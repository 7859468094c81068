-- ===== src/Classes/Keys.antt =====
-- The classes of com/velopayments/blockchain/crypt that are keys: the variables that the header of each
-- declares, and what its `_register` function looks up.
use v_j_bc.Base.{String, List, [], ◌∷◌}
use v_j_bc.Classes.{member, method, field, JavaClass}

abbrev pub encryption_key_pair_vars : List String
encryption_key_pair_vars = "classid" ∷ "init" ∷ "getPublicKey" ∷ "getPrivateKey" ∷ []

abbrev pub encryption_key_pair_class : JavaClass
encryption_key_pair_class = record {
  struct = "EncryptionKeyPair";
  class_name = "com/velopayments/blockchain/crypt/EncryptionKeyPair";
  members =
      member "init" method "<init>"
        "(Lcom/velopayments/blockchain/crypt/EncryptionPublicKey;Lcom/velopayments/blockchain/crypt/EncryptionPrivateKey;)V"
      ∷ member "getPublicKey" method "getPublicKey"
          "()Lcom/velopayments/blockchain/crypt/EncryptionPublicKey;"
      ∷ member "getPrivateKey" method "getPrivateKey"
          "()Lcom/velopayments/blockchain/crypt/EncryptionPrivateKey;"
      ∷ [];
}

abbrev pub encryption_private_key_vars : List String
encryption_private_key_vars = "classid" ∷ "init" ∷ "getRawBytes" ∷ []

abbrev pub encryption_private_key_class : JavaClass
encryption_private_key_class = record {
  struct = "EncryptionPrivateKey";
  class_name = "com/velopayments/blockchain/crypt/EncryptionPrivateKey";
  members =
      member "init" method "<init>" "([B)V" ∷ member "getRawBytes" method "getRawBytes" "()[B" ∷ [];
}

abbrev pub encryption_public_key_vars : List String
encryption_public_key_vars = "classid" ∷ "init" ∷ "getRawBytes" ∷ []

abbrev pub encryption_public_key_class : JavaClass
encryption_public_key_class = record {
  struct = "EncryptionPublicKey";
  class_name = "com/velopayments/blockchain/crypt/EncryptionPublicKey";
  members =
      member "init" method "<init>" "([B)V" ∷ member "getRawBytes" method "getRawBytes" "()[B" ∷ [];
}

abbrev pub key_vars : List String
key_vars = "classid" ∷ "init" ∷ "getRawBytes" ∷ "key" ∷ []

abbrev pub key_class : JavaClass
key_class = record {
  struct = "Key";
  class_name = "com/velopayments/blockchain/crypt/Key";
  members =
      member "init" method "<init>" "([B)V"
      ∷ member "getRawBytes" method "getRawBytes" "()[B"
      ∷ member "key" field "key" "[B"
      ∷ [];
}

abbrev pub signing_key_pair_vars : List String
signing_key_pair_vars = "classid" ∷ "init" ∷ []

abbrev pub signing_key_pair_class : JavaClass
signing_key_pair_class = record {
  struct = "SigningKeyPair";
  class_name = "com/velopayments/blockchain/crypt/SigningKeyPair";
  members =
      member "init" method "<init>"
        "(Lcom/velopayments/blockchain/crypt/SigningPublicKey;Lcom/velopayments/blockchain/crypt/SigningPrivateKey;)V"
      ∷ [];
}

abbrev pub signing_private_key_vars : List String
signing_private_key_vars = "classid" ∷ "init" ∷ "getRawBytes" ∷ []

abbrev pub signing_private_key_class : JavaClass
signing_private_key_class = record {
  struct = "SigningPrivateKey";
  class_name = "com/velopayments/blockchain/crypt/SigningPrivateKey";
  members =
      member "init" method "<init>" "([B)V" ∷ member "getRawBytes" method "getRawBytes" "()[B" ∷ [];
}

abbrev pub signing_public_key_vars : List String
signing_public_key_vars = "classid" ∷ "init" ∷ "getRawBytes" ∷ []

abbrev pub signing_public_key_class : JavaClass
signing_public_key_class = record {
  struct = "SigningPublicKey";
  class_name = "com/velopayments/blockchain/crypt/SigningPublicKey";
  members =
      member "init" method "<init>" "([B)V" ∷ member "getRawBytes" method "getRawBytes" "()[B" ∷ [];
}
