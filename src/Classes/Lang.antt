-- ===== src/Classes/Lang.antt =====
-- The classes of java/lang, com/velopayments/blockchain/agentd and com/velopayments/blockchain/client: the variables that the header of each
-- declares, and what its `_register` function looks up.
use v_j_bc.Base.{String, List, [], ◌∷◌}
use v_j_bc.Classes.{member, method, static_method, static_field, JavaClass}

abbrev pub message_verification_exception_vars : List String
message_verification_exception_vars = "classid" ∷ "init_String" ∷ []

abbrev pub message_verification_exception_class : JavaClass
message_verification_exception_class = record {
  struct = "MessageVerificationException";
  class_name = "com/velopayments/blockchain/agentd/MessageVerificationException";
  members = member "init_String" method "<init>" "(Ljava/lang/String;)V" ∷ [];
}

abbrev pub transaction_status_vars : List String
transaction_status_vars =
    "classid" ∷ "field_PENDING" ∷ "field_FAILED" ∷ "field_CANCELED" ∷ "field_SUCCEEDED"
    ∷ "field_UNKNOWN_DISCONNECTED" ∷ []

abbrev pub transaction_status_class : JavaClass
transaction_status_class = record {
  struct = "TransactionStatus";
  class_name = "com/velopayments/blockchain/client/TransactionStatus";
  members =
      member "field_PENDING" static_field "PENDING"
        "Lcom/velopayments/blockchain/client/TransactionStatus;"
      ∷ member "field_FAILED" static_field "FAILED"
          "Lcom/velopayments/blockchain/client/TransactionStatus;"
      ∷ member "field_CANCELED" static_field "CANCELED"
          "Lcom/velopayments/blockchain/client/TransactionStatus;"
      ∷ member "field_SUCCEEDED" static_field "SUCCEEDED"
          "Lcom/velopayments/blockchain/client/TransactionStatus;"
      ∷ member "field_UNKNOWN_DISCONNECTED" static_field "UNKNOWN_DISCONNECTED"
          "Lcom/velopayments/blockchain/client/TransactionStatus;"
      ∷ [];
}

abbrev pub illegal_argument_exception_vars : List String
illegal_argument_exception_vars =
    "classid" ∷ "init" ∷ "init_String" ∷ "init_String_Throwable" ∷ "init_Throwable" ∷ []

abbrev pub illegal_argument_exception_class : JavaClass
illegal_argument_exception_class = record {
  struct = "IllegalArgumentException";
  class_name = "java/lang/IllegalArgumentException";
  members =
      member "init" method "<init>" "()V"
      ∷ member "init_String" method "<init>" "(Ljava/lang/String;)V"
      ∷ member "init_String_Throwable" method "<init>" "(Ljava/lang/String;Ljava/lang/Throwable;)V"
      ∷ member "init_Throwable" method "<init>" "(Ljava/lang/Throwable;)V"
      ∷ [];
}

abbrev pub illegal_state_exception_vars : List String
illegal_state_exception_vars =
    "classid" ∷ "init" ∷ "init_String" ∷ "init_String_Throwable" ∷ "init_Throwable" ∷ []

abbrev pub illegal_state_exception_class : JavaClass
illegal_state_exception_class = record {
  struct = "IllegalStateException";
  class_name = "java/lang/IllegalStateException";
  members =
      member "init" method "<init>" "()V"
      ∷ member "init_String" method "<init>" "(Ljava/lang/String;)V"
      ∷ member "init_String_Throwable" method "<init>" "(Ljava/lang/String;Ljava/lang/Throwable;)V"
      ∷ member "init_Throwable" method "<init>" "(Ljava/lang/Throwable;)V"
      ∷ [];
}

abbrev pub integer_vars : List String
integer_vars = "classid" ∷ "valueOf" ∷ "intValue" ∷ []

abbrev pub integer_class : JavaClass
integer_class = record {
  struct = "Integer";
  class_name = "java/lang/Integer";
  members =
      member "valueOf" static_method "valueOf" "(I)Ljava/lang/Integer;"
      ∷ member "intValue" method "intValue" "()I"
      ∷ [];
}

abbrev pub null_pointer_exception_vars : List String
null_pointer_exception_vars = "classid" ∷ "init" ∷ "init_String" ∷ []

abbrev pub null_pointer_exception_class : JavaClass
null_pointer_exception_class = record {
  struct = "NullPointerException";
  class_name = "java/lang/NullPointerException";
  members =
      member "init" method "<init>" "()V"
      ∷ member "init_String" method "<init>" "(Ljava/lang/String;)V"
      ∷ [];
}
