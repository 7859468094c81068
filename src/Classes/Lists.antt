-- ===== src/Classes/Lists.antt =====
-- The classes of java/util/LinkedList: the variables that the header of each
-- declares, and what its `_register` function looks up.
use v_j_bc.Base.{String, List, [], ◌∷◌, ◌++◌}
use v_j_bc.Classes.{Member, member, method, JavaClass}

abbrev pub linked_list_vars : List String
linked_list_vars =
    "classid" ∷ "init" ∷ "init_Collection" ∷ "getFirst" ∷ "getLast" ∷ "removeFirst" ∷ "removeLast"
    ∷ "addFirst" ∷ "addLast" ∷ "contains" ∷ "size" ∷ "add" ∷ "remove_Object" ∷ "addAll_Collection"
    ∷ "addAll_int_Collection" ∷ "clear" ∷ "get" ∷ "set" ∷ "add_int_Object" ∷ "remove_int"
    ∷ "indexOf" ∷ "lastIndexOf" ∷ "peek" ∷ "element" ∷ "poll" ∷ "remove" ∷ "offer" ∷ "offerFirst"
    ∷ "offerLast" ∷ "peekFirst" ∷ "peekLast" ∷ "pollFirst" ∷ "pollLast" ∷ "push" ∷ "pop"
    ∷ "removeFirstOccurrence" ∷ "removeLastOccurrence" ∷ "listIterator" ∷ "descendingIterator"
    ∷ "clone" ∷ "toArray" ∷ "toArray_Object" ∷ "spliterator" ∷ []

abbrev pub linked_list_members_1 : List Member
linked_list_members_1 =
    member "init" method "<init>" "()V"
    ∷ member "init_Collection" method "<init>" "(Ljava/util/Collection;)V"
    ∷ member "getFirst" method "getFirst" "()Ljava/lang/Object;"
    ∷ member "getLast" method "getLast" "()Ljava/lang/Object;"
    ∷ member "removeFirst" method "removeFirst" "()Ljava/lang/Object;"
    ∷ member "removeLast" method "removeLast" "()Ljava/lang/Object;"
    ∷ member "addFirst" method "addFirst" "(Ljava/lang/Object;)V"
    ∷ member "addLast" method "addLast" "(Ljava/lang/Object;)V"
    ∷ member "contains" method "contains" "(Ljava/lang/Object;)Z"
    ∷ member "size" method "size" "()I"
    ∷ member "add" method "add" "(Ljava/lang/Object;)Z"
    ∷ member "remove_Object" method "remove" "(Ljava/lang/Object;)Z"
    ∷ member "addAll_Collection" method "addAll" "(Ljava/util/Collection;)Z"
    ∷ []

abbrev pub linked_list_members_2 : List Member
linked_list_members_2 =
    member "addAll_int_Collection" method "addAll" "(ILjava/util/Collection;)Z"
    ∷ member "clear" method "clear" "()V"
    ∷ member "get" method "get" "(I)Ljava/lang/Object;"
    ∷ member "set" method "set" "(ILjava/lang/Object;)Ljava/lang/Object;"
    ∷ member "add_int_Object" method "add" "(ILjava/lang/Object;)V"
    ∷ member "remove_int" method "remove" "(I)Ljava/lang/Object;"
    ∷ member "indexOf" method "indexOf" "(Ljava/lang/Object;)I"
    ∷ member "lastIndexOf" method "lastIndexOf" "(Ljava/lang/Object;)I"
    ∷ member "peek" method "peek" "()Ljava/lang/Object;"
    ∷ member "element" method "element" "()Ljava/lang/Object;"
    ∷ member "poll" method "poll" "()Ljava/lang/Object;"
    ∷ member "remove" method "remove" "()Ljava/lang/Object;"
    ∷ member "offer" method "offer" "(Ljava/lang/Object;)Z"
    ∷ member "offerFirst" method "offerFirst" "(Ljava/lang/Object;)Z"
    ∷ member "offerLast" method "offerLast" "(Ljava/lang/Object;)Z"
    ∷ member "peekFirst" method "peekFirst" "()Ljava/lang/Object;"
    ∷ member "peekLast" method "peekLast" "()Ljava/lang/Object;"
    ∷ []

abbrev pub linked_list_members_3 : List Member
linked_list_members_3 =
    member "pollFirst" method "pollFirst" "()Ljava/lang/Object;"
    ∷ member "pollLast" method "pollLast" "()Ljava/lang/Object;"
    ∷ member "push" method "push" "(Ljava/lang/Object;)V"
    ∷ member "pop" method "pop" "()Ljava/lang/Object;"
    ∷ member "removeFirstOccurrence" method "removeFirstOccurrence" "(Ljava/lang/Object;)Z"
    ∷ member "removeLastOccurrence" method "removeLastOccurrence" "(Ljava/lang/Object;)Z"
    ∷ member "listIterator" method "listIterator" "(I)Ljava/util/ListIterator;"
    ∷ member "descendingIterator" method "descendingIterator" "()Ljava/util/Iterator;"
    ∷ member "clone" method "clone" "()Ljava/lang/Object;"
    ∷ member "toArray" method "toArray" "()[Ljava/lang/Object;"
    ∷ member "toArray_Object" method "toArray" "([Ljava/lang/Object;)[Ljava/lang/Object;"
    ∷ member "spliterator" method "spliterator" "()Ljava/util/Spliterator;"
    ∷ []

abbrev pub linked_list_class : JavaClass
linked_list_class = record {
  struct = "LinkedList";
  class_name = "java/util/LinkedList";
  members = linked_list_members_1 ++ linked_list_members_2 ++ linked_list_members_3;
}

★ ★ ★ ★

→ Activity
The lines holding the string "removeFirstOccurrence" are what is needed from the material above.

→ Written solution
    ∷ "removeFirstOccurrence" ∷ "removeLastOccurrence" ∷ "listIterator" ∷ "descendingIterator"
    ∷ member "removeFirstOccurrence" method "removeFirstOccurrence" "(Ljava/lang/Object;)Z"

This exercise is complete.